Exercise aim: Without changing a single character, copy every record below.

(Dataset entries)
-- ===== src/Agent/Runtime/Gate.antt =====
-- process_event: what an event runs without an answer of the user.
use blender_ai_sidebar.Prelude.{◌≡◌, true, String, Option, All}
use blender_ai_sidebar.Tools.Registry.{get_tool}
use blender_ai_sidebar.Agent.Models.{ToolCall}
use blender_ai_sidebar.Agent.Policy.{ApprovalDecision, evaluate}
use blender_ai_sidebar.Plan.Review.{PlanReview}
use blender_ai_sidebar.Agent.Runtime.{Runtime, Services, Event}
use blender_ai_sidebar.Agent.Runtime.Events.{process_event}
use blender_ai_sidebar.Agent.Runtime.Calls.{world_after}
use blender_ai_sidebar.Agent.Runtime.Executed.{PlanRan}
use blender_ai_sidebar.Agent.Runtime.LowRisk.{RunsLow}
use blender_ai_sidebar.Agent.Runtime.Closed.{process_event-Closed}

-- The worlds that are reached from `w` by calls that the policy approves, and, where the
-- configuration approves plans of a low risk, by plans whose steps all have a tool of the registry
-- with a risk level of READ_ONLY or LOW. The policy is not asked for the calls of such a plan.
pub data Auto {W C : Type 0} (sv : Services W C) (w : W) : W → Type 0 where
  untouched : Auto sv w w
  called :
      {w' : W} (call : ToolCall)
      → evaluate (get_tool call.tool_name sv.registry) call ≡ ApprovalDecision.auto_approve
      → (expected : Option String) (prompt : String) → Auto sv w w'
      → Auto sv w (world_after sv expected prompt call w')
  planned :
      {w' w'' : W} (review : PlanReview)
      → sv.auto_approve_low_risk_plans ≡ true
      → All (RunsLow sv.registry) review.plan.steps
      → (expected : Option String) (prompt : String) → PlanRan sv expected prompt review w' w''
      → Auto sv w w'
      → Auto sv w w''

module _ {W C : Type 0} (sv : Services W C) where
  -- The world after an event is reached from the world before it by calls that the approval policy
  -- approves, and, only where the configuration approves plans of a low risk, by running plans each
  -- of whose steps has a tool of the registry with a risk level of READ_ONLY or LOW.
  pub process_event-Auto :
      (event : Event) (r : Runtime W C) → Auto sv r.world (process_event sv event r).1.world
  process_event-Auto event r =
      process_event-Closed sv (Auto sv r.world)
        (λ call free expected prompt w before. Auto.called call free expected prompt before)
        (λ review free expected prompt w w' ran before.
          Auto.planned review free.0 free.1 expected prompt ran before)
        event r Auto.untouched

Solution to the problem:
-- ===== src/Agent/Runtime/Gate.antt =====
-- process_event: what an event runs without an answer of the user.
use blender_ai_sidebar.Prelude.{◌≡◌, true, String, Option, All}
use blender_ai_sidebar.Tools.Registry.{get_tool}
use blender_ai_sidebar.Agent.Models.{ToolCall}
use blender_ai_sidebar.Agent.Policy.{ApprovalDecision, evaluate}
use blender_ai_sidebar.Plan.Review.{PlanReview}
use blender_ai_sidebar.Agent.Runtime.{Runtime, Services, Event}
use blender_ai_sidebar.Agent.Runtime.Events.{process_event}
use blender_ai_sidebar.Agent.Runtime.Calls.{world_after}
use blender_ai_sidebar.Agent.Runtime.Executed.{PlanRan}
use blender_ai_sidebar.Agent.Runtime.LowRisk.{RunsLow}
use blender_ai_sidebar.Agent.Runtime.Closed.{process_event-Closed}

-- The worlds that are reached from `w` by calls that the policy approves, and, where the
-- configuration approves plans of a low risk, by plans whose steps all have a tool of the registry
-- with a risk level of READ_ONLY or LOW. The policy is not asked for the calls of such a plan.
pub data Auto {W C : Type 0} (sv : Services W C) (w : W) : W → Type 0 where
  untouched : Auto sv w w
  called :
      {w' : W} (call : ToolCall)
      → evaluate (get_tool call.tool_name sv.registry) call ≡ ApprovalDecision.auto_approve
      → (expected : Option String) (prompt : String) → Auto sv w w'
      → Auto sv w (world_after sv expected prompt call w')
  planned :
      {w' w'' : W} (review : PlanReview)
      → sv.auto_approve_low_risk_plans ≡ true
      → All (RunsLow sv.registry) review.plan.steps
      → (expected : Option String) (prompt : String) → PlanRan sv expected prompt review w' w''
      → Auto sv w w'
      → Auto sv w w''

module _ {W C : Type 0} (sv : Services W C) where
  -- The world after an event is reached from the world before it by calls that the approval policy
  -- approves, and, only where the configuration approves plans of a low risk, by running plans each
  -- of whose steps has a tool of the registry with a risk level of READ_ONLY or LOW.
  pub process_event-Auto :
      (event : Event) (r : Runtime W C) → Auto sv r.world (process_event sv event r).1.world
  process_event-Auto event r =
      process_event-Closed sv (Auto sv r.world)
        (λ call free expected prompt w before. Auto.called call free expected prompt before)
        (λ review free expected prompt w w' ran before.
          Auto.planned review free.0 free.1 expected prompt ran before)
        event r Auto.untouched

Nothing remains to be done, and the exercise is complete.